An eight-year-old troublemaker must protect his house from a pair of burglars when he is accidentally left home alone by his family during Christmas vacation.

Home Alone (1990) Trailer


Home Alone (1990) Reviews

“Home Alone” is a splendid movie title because it evokes all sorts of scary nostalgia. Being left home alone, when you were a kid, meant hearing strange noises and being afraid to look in the basement – but it also meant doing all the things that grownups would tell you to stop doing, if they were there. Things like staying up to watch Johnny Carson, eating all the ice cream, and sleeping in your parents’ bed.”Home Alone” is about an 8-year-old hero who does all of those things, but unfortunately he also single-handedly stymies two house burglars by booby-trapping the house.
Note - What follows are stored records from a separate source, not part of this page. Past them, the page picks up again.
-- ===== src/Session/Keeps.antt =====
-- What every call keeps, the operations of a session keep.
use rabbitmq_pika_adapter.Prelude.{true, false, if_ind, Option-cases, inl, inr, if◌then◌else◌, ◌&&◌}
use rabbitmq_pika_adapter.Outcome.{Outcome, ◌>>◌, pure}
use rabbitmq_pika_adapter.Outcome.Respects.{
  Respects, IsPreorder, pure-Respects, if-Respects, bind-Respects, then-Respects,
  try_except-Respects,
}
use rabbitmq_pika_adapter.Value.{Value, dict, truthy, get_or, integer}
use rabbitmq_pika_adapter.Prelude.Int.{pos}
use rabbitmq_pika_adapter.DeadLettering.{resolve_queue_arguments}
use rabbitmq_pika_adapter.Session.{
  Call, basic_qos, declare_predefined, declare_anonymous, exchange_declare, queue_bind,
  basic_consume, offloading, automatic, direct, of_destination, Env, Settings, Session, Do, call,
  skip, perform, attempt, apply_qos, declare_queue, consume, with_queue, channel_usable,
  connection_usable, when_channel, when_connection,
}

module _ (env : Env) (settings : Settings) (R : Session → Session → Type 0) (order : IsPreorder R)
    (calls : (c : Call) → Respects R (call env settings c)) where
  abbrev skips : Respects R (skip env settings)
  skips = pure-Respects R order tt

  pub perform-Respects : (c : Call) → Respects R (perform env settings c)
  perform-Respects c =
      bind-Respects R order (call env settings c) (λ _. skip env settings) (calls c) (λ _. skips)

  pub attempt-Respects : (c : Call) → Respects R (attempt env settings c)
  unfolding attempt
  attempt-Respects c =
      try_except-Respects R order (perform env settings c) (λ e. skip env settings)
        (perform-Respects c) (λ e. skips)

  pub apply_qos-Respects : Respects R (apply_qos env settings)
  unfolding apply_qos
  apply_qos-Respects = elim (Option-cases settings.prefetch_settings) [
    | inl missing ↦ rw missing skips
    | inr (prefetch, given) ↦
        let limit =
          basic_qos (get_or "prefetch_size" (integer (pos 0)) prefetch)
            (get_or "prefetch_count" (integer (pos 0)) prefetch) in
        rw given (
          if-Respects R order (truthy (dict prefetch)) (attempt env settings limit)
            (skip env settings) (attempt-Respects limit) skips)
  ]

  pub declare_queue-Respects : Respects R (declare_queue env settings)
  unfolding declare_queue
  declare_queue-Respects =
      let name = of_destination env settings "predefined_queue_name" in
      let declares = declare_predefined name (resolve_queue_arguments settings.destination) in
      if-Respects R order (settings.predefined_queue && truthy name)
        (attempt env settings declares >> pure name) (call env settings declare_anonymous)
        (then-Respects R order (attempt env settings declares) (pure name)
          (attempt-Respects declares) (pure-Respects R order name))
        (calls declare_anonymous)

  consume-Respects : (queue : Value) → Respects R (consume env settings queue)
  unfolding consume
  consume-Respects queue =
      let offloads = basic_consume queue offloading settings.auto_ack in
      let automatically = basic_consume queue automatic true in
      let directly = basic_consume queue direct false in
      let others =
        if settings.auto_ack
        then perform env settings automatically
        else perform env settings directly in
      if-Respects R order settings.offload (perform env settings offloads) others
        (perform-Respects offloads)
        (if-Respects R order settings.auto_ack (perform env settings automatically)
          (perform env settings directly) (perform-Respects automatically)
          (perform-Respects directly))

  pub with_queue-Respects : (queue : Value) → Respects R (with_queue env settings queue)
  with_queue-Respects queue =
      let declares =
        exchange_declare (of_destination env settings "exchange_name")
          (of_destination env settings "exchange_type") in
      let binds =
        queue_bind queue (of_destination env settings "exchange_name")
          (of_destination env settings "routing_key") in
      then-Respects R order (attempt env settings declares)
        (attempt env settings binds >> consume env settings queue) (attempt-Respects declares)
        (then-Respects R order (attempt env settings binds) (consume env settings queue)
          (attempt-Respects binds) (consume-Respects queue))

  pub when_channel-Respects :
      (m : Do env settings) → Respects R m → Respects R (when_channel env settings m)
  when_channel-Respects m p v =
      if_ind (λ (r : Outcome (Unit {0}) × Session). R v r.1) (channel_usable env settings v)
        (λ _. p v) (λ _. order.reflexive v)

  pub when_connection-Respects :
      (m : Do env settings) → Respects R m → Respects R (when_connection env settings m)
  when_connection-Respects m p v =
      if_ind (λ (r : Outcome (Unit {0}) × Session). R v r.1) (connection_usable env settings v)
        (λ _. p v) (λ _. order.reflexive v)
And they’re the kinds of traps that any 8-year-old could devise, if he had a budget of tens of thousands of dollars and the assistance of a crew of movie special effects people.
The movie’s screenplay is by John Hughes, who sometimes shows a genius for remembering what it was like to be young. His best movies, such as “Sixteen Candles,” “The Breakfast Club,” “Ferris Bueller’s Day Off” and “Planes, Trains and Automobiles,” find a way to be funny while still staying somewhere within the boundaries of remote plausibility. This time, he strays so far from his premise that the movie suffers.If “Home Alone” had limited itself to the things that might possibly happen to a forgotten 8-year-old, I think I would have liked it more. What I didn’t enjoy was the subplot involving the burglars (Joe Pesci and Daniel Stern), who are immediately spotted by little Kevin (Macaulay Culkin), and made the targets of his cleverness.The movie opens in the Chicago suburbs with a houseful of people on the eve of a big family Christmas vacation in Paris. There are relatives and kids everywhere, and when the family oversleeps and has to race to the airport, Kevin is somehow overlooked in the shuffle. When he wakes up later that morning, the house is empty. So he makes the best of it.
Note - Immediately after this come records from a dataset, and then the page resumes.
-- ===== src/Announce/Tests.antt =====
-- The announced addresses of src/config/announce-addresses.ts on a deployed relay.
use orbitdb_relay.Prelude.{
  Text, codes, text_eq, starts_with, includes, cut_at, false, Option, none, some, List, [], ◌∷◌,
  ◌&&◌, ◌||◌, not, any, All, ◌≡◌, refl, if◌then◌else◌,
}
use orbitdb_relay.Prelude.TextSet
use orbitdb_relay.Exposure.{trim_start, trim_end}
use orbitdb_relay.Announce.{
  is_public_address, enrich_browser_transport_certhash, is_deployed_mode, filter_announce_addresses,
}
use orbitdb_relay.Announce.Graft.{is_browser_address, IsHashed}
use orbitdb_relay.Announce.Laws.{IsComplete, filter_announce-IsComplete, has-filter_announce}

abbrev env : Text → Option Text
env name = if text_eq name (codes "PUBLIC_IPV4") then some (codes "5.6.7.8") else none

-- A listener address with its hash, the public address without it, and one for other nodes.
abbrev addrs : List Text
addrs =
    codes "/ip4/10.0.0.2/udp/9093/webrtc-direct/certhash/uEi/p2p/Qm"
    ∷ codes "/ip4/5.6.7.8/udp/41000/webrtc-direct"
    ∷ codes "/ip4/5.6.7.8/tcp/9091"
    ∷ []

addrs-IsHashed : All IsHashed addrs
unfolding includes starts_with
addrs-IsHashed = (refl, (refl, (refl, tt)))

filter_announce-IsComplete_example : All IsComplete (filter_announce_addresses env addrs)
filter_announce-IsComplete_example = filter_announce-IsComplete env addrs addrs-IsHashed

tcp_is_plain : is_browser_address (codes "/ip4/5.6.7.8/tcp/9091") ≡ false
unfolding includes starts_with
tcp_is_plain = refl

has-filter_announce_example :
    TextSet.has (codes "/ip4/5.6.7.8/tcp/9091") (filter_announce_addresses env addrs) ≡ (
      TextSet.has (codes "/ip4/5.6.7.8/tcp/9091") addrs
      && (not (is_deployed_mode env)
          || is_public_address (codes "/ip4/5.6.7.8/tcp/9091")
          || not (any is_public_address (enrich_browser_transport_certhash addrs))))
has-filter_announce_example =
    has-filter_announce env addrs (codes "/ip4/5.6.7.8/tcp/9091") addrs-IsHashed tcp_is_plain

grafted_hash : filter_announce_addresses env addrs ≡ (
    codes "/ip4/5.6.7.8/udp/41000/webrtc-direct/certhash/uEi" ∷ codes "/ip4/5.6.7.8/tcp/9091" ∷ [])
unfolding filter_announce_addresses is_public_address includes starts_with cut_at text_eq trim_start
    trim_end
grafted_hash = refl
A real kid would probably be more frightened than this movie character, and would probably cry. He might also try calling someone, or asking a neighbor for help. But in the contrived world of this movie, the only neighbor is an old coot who is rumored to be the Snow Shovel Murderer, and the phone doesn’t work. When Kevin’s parents discover they’ve forgotten him, they find it impossible to get anyone to follow through on their panicked calls – if anyone did so, the movie would be over.

The plot is so implausible that it makes it hard for us to really care about the plight of the kid. What works in the other direction, however, and almost carries the day, is the gifted performance by young Macaulay Culkin, as Kevin. Culkin is the little boy who co-starred with John Candy in “Uncle Buck,” and here he has to carry almost the whole movie.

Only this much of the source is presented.